# Advice on .222 Rem thru a 10" barrel



## guthy_15 (Jul 30, 2010)

I just bought my first Contender pistol last week and I tried shooting factory ammo thru it and it was all over the place.
I couldn't shoot a 5 shot group better than a 3 inch circle at 25 yards. Some of that might be because I've never had 
experience with a pistol, but by the end of a box I felt pretty comfortable that I was on target with my shots.

I have an original Contender with a 10 inch octogon barrel. It has a 2x7-28 bsa scope. I really like the feel of the gun. 
If you have any good hand loads or advice on factory ammo that performs well in a 10 inch barrel it will be greatly appreciated.


----------



## SDHandgunner (Jun 22, 2004)

I have no experience with a 10" .222 Remington but I have struggled with a few 10" .223 Remington Contender Handguns over the years.

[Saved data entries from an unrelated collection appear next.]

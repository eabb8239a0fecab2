-- ===== src/LockFreeStack/Steps.antt =====
-- The steps of one thread against the abstract stack.
use mathlib.Core.Path.{subst}
use low_level_cpp.Base.{
  ℕ, ◌+◌, ◌%◌, ◌^◌, ◌≤◌, ◌<◌, ◌≡◌, ◌≢◌, ◌⊎◌, inl, inr, refl, sym, ap, ◌∙◌, true, false, List, [],
  ◌∷◌, arith, count, eq-cases,
}
use low_level_cpp.Base.Chain.{Ptr, nullptr, Chain, Chain-update}
use low_level_cpp.Base.Store.{update, update_self, update_other}
use low_level_cpp.LockFreeStack.{
  LockFreeStack, Pc, idle, push_loading, System, moved, count_tag, set_top, delete_node, make_node,
}
use low_level_cpp.LockFreeStack.Abstract.{Abstract, resting, must_push}
use low_level_cpp.LockFreeStack.Invariant.{
  Owns, Reserves, Sees, IsSeen, Knows, Settled, IsThread, Apart, keys_of, IsStack, Simulates,
}
use low_level_cpp.LockFreeStack.Threads.{
  Apart-weaken, Apart-fetch, Knows-frame, Settled-frame, moved-Simulates,
}

-- The top is one of the nodes.
pub top_held :
    (s : LockFreeStack) (nodes : List Ptr) (contents : List ℕ) (a : Ptr)
    → IsStack s nodes contents
    → a ≡ s.top.node
    → a ≢ nullptr
    → 0 < count a nodes
top_held s [] contents a is e nonnull = absurd (nonnull (e ∙ is.chain))
top_held s (p ∷ nodes) contents a is e nonnull = ground (arith, is.chain.0)

IsSeen-later : (c d a t : ℕ) → c ≤ d → IsSeen c a t → IsSeen d a t
IsSeen-later c d a t le (inl below) = inl (omega arith)
IsSeen-later c d a t le (inr null) = inr null

keys_same :
    (k l : Ptr → ℕ) (nodes : List Ptr)
    → ((a : Ptr) → 0 < count a nodes → l a ≡ k a)
    → keys_of l nodes ≡ keys_of k nodes
keys_same k l [] same = refl
keys_same k l (p ∷ nodes) same =
    rw (same p (ground arith), keys_same k l nodes (λ a h. same a (ground arith)))

module _ (s : System) (a : Abstract) (sim : Simulates s a) (i : ℕ) (p : Pc)
    (here : s.pc i ≡ p) where
  pub mine : IsThread s.stack sim.nodes p
  mine = subst (IsThread s.stack sim.nodes) here (sim.thread i)

  pub mine-Settled : Settled s.stack (a.duty i) p
  mine-Settled = subst (Settled s.stack (a.duty i)) here (sim.settled i)

  pub others : (j : ℕ) → i ≢ j → Apart p (s.pc j)
  others j ne = subst (λ x. Apart x (s.pc j)) here (sim.apart i j ne)

  -- A step that leaves the stack alone.
  pub stays-Simulates :
      (p' : Pc) (a' : Abstract)
      → a'.keys ≡ a.keys
      → ((j : ℕ) → i ≢ j → a'.duty j ≡ a.duty j)
      → ((x : Ptr) → Owns p' x → Owns p x)
      → ((t : ℕ) → Reserves p' t → Reserves p t)
      → ((x : Ptr) (t : ℕ)
          → Sees p' x t
          → Sees p x t ⊎ ((s.stack.top.node ≡ x) × (s.stack.top.tag ≡ t)))
      → Knows s.stack p'
      → Settled s.stack (a'.duty i) p'
      → Simulates (moved i p' s.stack s) a'
  stays-Simulates p' a' keys duty own reserve see knows settled =
      moved-Simulates s i p' s.stack sim.nodes a a' sim
        (subst (IsStack s.stack sim.nodes) (sym keys) sim.stack)
        (record {
          owned = λ x h. mine.owned x (own x h);
          seen = λ x t h. elim (see x t h) [
            | inl old ↦ mine.seen x t old
            | inr (node, tag) ↦
                subst (λ y. IsSeen s.stack.tag_counter y t) node
                  (subst (IsSeen s.stack.tag_counter s.stack.top.node) tag sim.stack.top_seen)
          ];
          reserved = λ t h. mine.reserved t (reserve t h);
          knows = knows;
        })
        settled
        (λ j ne. record {
          thread = sim.thread j;
          settled = subst (λ o. Settled s.stack o (s.pc j)) (sym (duty j ne)) (sim.settled j);
          apart =
              Apart-weaken s.stack sim.nodes p p' (s.pc j) (sim.thread j) (others j ne) own reserve
                see;
        })

  -- A step that fetches a tag and may link a node that the thread owns.
  pub fetches-Simulates :
      (p' : Pc) (next' : Ptr → Ptr)
      → s.stack.tag_counter + 1 < 2 ^ 64
      → ((x : Ptr) → (Owns p x → ⊥) → next' x ≡ s.stack.next x)
      → Chain next' s.stack.top.node sim.nodes
      → ((x : Ptr) → Owns p' x → Owns p x)
      → ((t : ℕ) → Reserves p' t → s.stack.tag_counter ≡ t)
      → ((x : Ptr) (t : ℕ) → Sees p' x t → Sees p x t)
      → Knows (count_tag (record (s.stack) { next = next' })) p'
      → Settled (count_tag (record (s.stack) { next = next' })) (a.duty i) p'
      → Simulates (moved i p' (count_tag (record (s.stack) { next = next' })) s) a
  fetches-Simulates p' next' small same chain own reserve see knows settled =
      let grows : (s.stack.tag_counter + 1) % 2 ^ 64 ≡ s.stack.tag_counter + 1 = omega arith in
      let later = IsSeen-later s.stack.tag_counter ((s.stack.tag_counter + 1) % 2 ^ 64) in
      moved-Simulates s i p' (count_tag (record (s.stack) { next = next' })) sim.nodes a a sim
        (record {
          chain = chain;
          distinct = sim.stack.distinct;
          live = sim.stack.live;
          top_seen = later _ _ (omega arith) sim.stack.top_seen;
          keys = sim.stack.keys;
        })
        (record {
          owned = λ x h. mine.owned x (own x h);
          seen = λ x t h. later x t (omega arith) (mine.seen x t (see x t h));
          reserved = λ t h. (
            omega (arith, reserve t h),
            λ e. elim sim.stack.top_seen [
              | inl below ↦ absurd (omega (arith, reserve t h))
              | inr null ↦ null
            ],
          );
          knows = knows;
        })
        settled
        (λ j ne. record {
          thread = record {
            owned = (sim.thread j).owned;
            seen = λ x t h. later x t (omega arith) ((sim.thread j).seen x t h);
            reserved =
                λ t h. let (below, fresh) = (sim.thread j).reserved t h in (omega arith, fresh);
            knows =
                Knows-frame s.stack (count_tag (record (s.stack) { next = next' })) (s.pc j)
                  (λ x h. same x (λ mine'. (others j ne).nodes x mine' h))
                  (λ x t v nonnull e f. (
                    e,
                    f,
                    same x (λ mine'.
                        let held = top_held s.stack sim.nodes a.keys x sim.stack e nonnull in
                        omega (arith, (mine.owned x mine').2)),
                  ))
                  (sim.thread j).knows;
          };
          settled =
              Settled-frame s.stack (count_tag (record (s.stack) { next = next' })) (a.duty j)
                (s.pc j) (λ x h. refl) (sim.settled j);
          apart =
              Apart-fetch s.stack sim.nodes p p' (s.pc j) (sim.thread j) (others j ne) own reserve
                see;
        })

  -- A compare-and-exchange that succeeds, with a tag that the thread fetched.
  pub installs-Simulates :
      (p' : Pc) (n tag : ℕ) (nodes' : List Ptr) (a' : Abstract)
      → Reserves p tag
      → ((x : Ptr) → (Owns p x → ⊥) → count x sim.nodes ≡ 0 → count x nodes' ≡ 0)
      → IsStack (set_top n tag s.stack) nodes' a'.keys
      → ((j : ℕ) → i ≢ j → a'.duty j ≡ a.duty j)
      → IsThread (set_top n tag s.stack) nodes' p'
      → Settled (set_top n tag s.stack) (a'.duty i) p'
      → ((j : ℕ) → i ≢ j → Apart p' (s.pc j))
      → Simulates (moved i p' (set_top n tag s.stack) s) a'
  installs-Simulates p' n tag nodes' a' mine_tag clear stack duty thread settled apart =
      moved-Simulates s i p' (set_top n tag s.stack) nodes' a a' sim stack thread settled (λ j ne.
        record {
          thread = record {
            owned = λ x h.
                let (nonnull, live, out) = (sim.thread j).owned x h in
                (nonnull, live, clear x (λ mine'. (others j ne).nodes x mine' h) out);
            seen = (sim.thread j).seen;
            reserved = λ t h. (
              ((sim.thread j).reserved t h).0,
              λ e. absurd ((others j ne).tags tag mine_tag (subst (Reserves (s.pc j)) (sym e) h)),
            );
            knows =
                Knows-frame s.stack (set_top n tag s.stack) (s.pc j) (λ x h. refl)
                  (λ x t v nonnull e f.
                    absurd
                      (nonnull ((others j ne).comes x tag mine_tag (subst (Sees (s.pc j) x) f v))))
                  (sim.thread j).knows;
          };
          settled =
              subst (λ o. Settled (set_top n tag s.stack) o (s.pc j)) (sym (duty j ne))
                (Settled-frame s.stack (set_top n tag s.stack) (a.duty j) (s.pc j) (λ x h. refl)
                  (sim.settled j));
          apart = apart j ne;
        })

  -- The thread deletes a node that it owns.
  pub deletes-Simulates :
      (n : Ptr) (a' : Abstract)
      → Owns p n
      → a'.keys ≡ a.keys
      → ((j : ℕ) → i ≢ j → a'.duty j ≡ a.duty j)
      → a'.duty i ≡ resting
      → Simulates (moved i idle (delete_node n s.stack) s) a'
  deletes-Simulates n a' mine_node keys duty rests =
      let (nonnull, live, out) = mine.owned n mine_node in
      moved-Simulates s i idle (delete_node n s.stack) sim.nodes a a' sim
        (record {
          chain = sim.stack.chain;
          distinct = sim.stack.distinct;
          live = λ x h.
              update_other s.stack.live n x false
                (λ e. omega (arith, ap (λ y. count y sim.nodes) e))
              ∙ sim.stack.live x h;
          top_seen = sim.stack.top_seen;
          keys = sim.stack.keys ∙ sym keys;
        })
        (record {
          owned = λ x h. absurd h;
          seen = λ x t h. absurd h;
          reserved = λ t h. absurd h;
          knows = tt;
        })
        rests
        (λ j ne. record {
          thread = record {
            owned = λ x h.
                let (nonnull', live', out') = (sim.thread j).owned x h in
                (
                  nonnull',
                  update_other s.stack.live n x false
                        (λ e. (others j ne).nodes x (subst (Owns p) e mine_node) h)
                      ∙ live',
                  out',
                );
            seen = (sim.thread j).seen;
            reserved = (sim.thread j).reserved;
            knows =
                Knows-frame s.stack (delete_node n s.stack) (s.pc j) (λ x h. refl)
                  (λ x t v nn e f. (e, f, refl)) (sim.thread j).knows;
          };
          settled =
              subst (λ o. Settled (delete_node n s.stack) o (s.pc j)) (sym (duty j ne))
                (Settled-frame s.stack (delete_node n s.stack) (a.duty j) (s.pc j) (λ x h. refl)
                  (sim.settled j));
          apart = record {
            nodes = λ x h. absurd h;
            tags = λ t h. absurd h;
            comes = λ x t h. absurd h;
            came = λ x t r h. absurd h;
          };
        })

  -- The thread makes a node where there was none.
  pub makes-Simulates :
      (k : ℕ) (n : Ptr) (a' : Abstract)
      → n ≢ nullptr
      → s.stack.live n ≡ false
      → a'.keys ≡ a.keys
      → ((j : ℕ) → i ≢ j → a'.duty j ≡ a.duty j)
      → a'.duty i ≡ must_push k
      → Simulates (moved i (push_loading n) (make_node k n s.stack) s) a'
  makes-Simulates k n a' nonnull dead keys duty calls =
      let apart_live : (x : Ptr) → s.stack.live x ≡ true → n ≢ x =
        λ x live e. ground (arith, ap s.stack.live e) in
      let out : count n sim.nodes ≡ 0 = elim (eq-cases (count n sim.nodes) 0) [
        | inl none_there ↦ none_there
        | inr some_there ↦ absurd (apart_live n (sim.stack.live n (omega arith)) refl)
      ] in
      moved-Simulates s i (push_loading n) (make_node k n s.stack) sim.nodes a a' sim
        (record {
          chain =
              Chain-update s.stack.next n nullptr s.stack.top.node sim.nodes out sim.stack.chain;
          distinct = sim.stack.distinct;
          live = λ x h. ground (arith, sim.stack.live x h);
          top_seen = sim.stack.top_seen;
          keys =
              keys_same s.stack.key (update s.stack.key n k) sim.nodes
                (λ x h. update_other s.stack.key n x k (apart_live x (sim.stack.live x h)))
              ∙ sim.stack.keys
              ∙ sym keys;
        })
        (record {
          owned = λ x e.
              subst
                (λ y.
                  (y ≢ nullptr) × (update s.stack.live n true y ≡ true) × (count y sim.nodes ≡ 0))
                e (nonnull, update_self s.stack.live n true, out);
          seen = λ x t h. absurd h;
          reserved = λ t h. absurd h;
          knows = tt;
        })
        (calls ∙ ap must_push (sym (update_self s.stack.key n k)))
        (λ j ne. record {
          thread = record {
            owned = λ x h.
                let (nonnull', live', out') = (sim.thread j).owned x h in
                (nonnull', update_other s.stack.live n x true (apart_live x live') ∙ live', out');
            seen = (sim.thread j).seen;
            reserved = (sim.thread j).reserved;
            knows =
                Knows-frame s.stack (make_node k n s.stack) (s.pc j)
                  (λ x h.
                    update_other s.stack.next n x nullptr
                      (apart_live x ((sim.thread j).owned x h).1))
                  (λ x t v nn e f. (
                    e,
                    f,
                    update_other s.stack.next n x nullptr (
                        apart_live x
                          (sim.stack.live x (top_held s.stack sim.nodes a.keys x sim.stack e nn))),
                  ))
                  (sim.thread j).knows;
          };
          settled =
              subst (λ o. Settled (make_node k n s.stack) o (s.pc j)) (sym (duty j ne))
                (Settled-frame s.stack (make_node k n s.stack) (a.duty j) (s.pc j)
                  (λ x h.
                    update_other s.stack.key n x k (apart_live x ((sim.thread j).owned x h).1))
                  (sim.settled j));
          apart = record {
            nodes = λ x e h. apart_live x ((sim.thread j).owned x h).1 e;
            tags = λ t h. absurd h;
            comes = λ x t h. absurd h;
            came = λ x t r h. absurd h;
          };
        })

The best shooting loads I came up with for my 10" .223 Remington Contenders used 40gr. Nosler Ballistic Tip Bullets loaded with IMR-4198 Powder. All other powders produced sub par accuracy and velocity, and created huge fireballs. Once I found the right combination for my 10" .223 Remington Contender Handgun(s) I could print 1" to 1 1/2" 5 shot groups at 100 yards.

At 25 yards you may also be experiencing Parallax in your Scope. This seems to be more critical with Handgun Scopes than it does with Rifle Scopes since there is no buttstock to guide your eye placement behind the scope. WIth your target at 25 yards set your Contender Handgun on a rest so the gun doesn't move. Then move you eye up and down, and back and forth behind the eye piece of the scope. You are going to more than likely notice that as you eye moves away from center the crosshairs move on the target.

Larry


----------



## guthy_15 (Jul 30, 2010)

Thanks SD I'll use that advice this weekend.


----------



## SDHandgunner (Jun 22, 2004)

You're very welcome. I have mainly shot Super 14 Contender Handguns over the years but have had my go round with 10" Bull Barrels also. It is hard to believe what a difference that 4" of barrel can do.

I am currently shooting a Stainless-Steel Super 14 .223 Contender Handgun with a 3x12x Burris LER Handgun Scope on it. I am shooting 55gr. Nosler Ballistic Tip Handloads loaded with H-4895 to a muzzle velocity of 2840 FPS with great accuracy. The main reason I went with the 55's in this 14" .223 is that is the same load that shoots so well in my 16" Bushmaster AR. I was just glad it shoots good in the Contender also.

Please keep my posted and if you need anything just give me a shout.

Larry


----------



## guthy_15 (Jul 30, 2010)

I plan on getting a couple more barrels. One 7-30 waters and another smaller caliber.
As usual its always a never ending project!


----------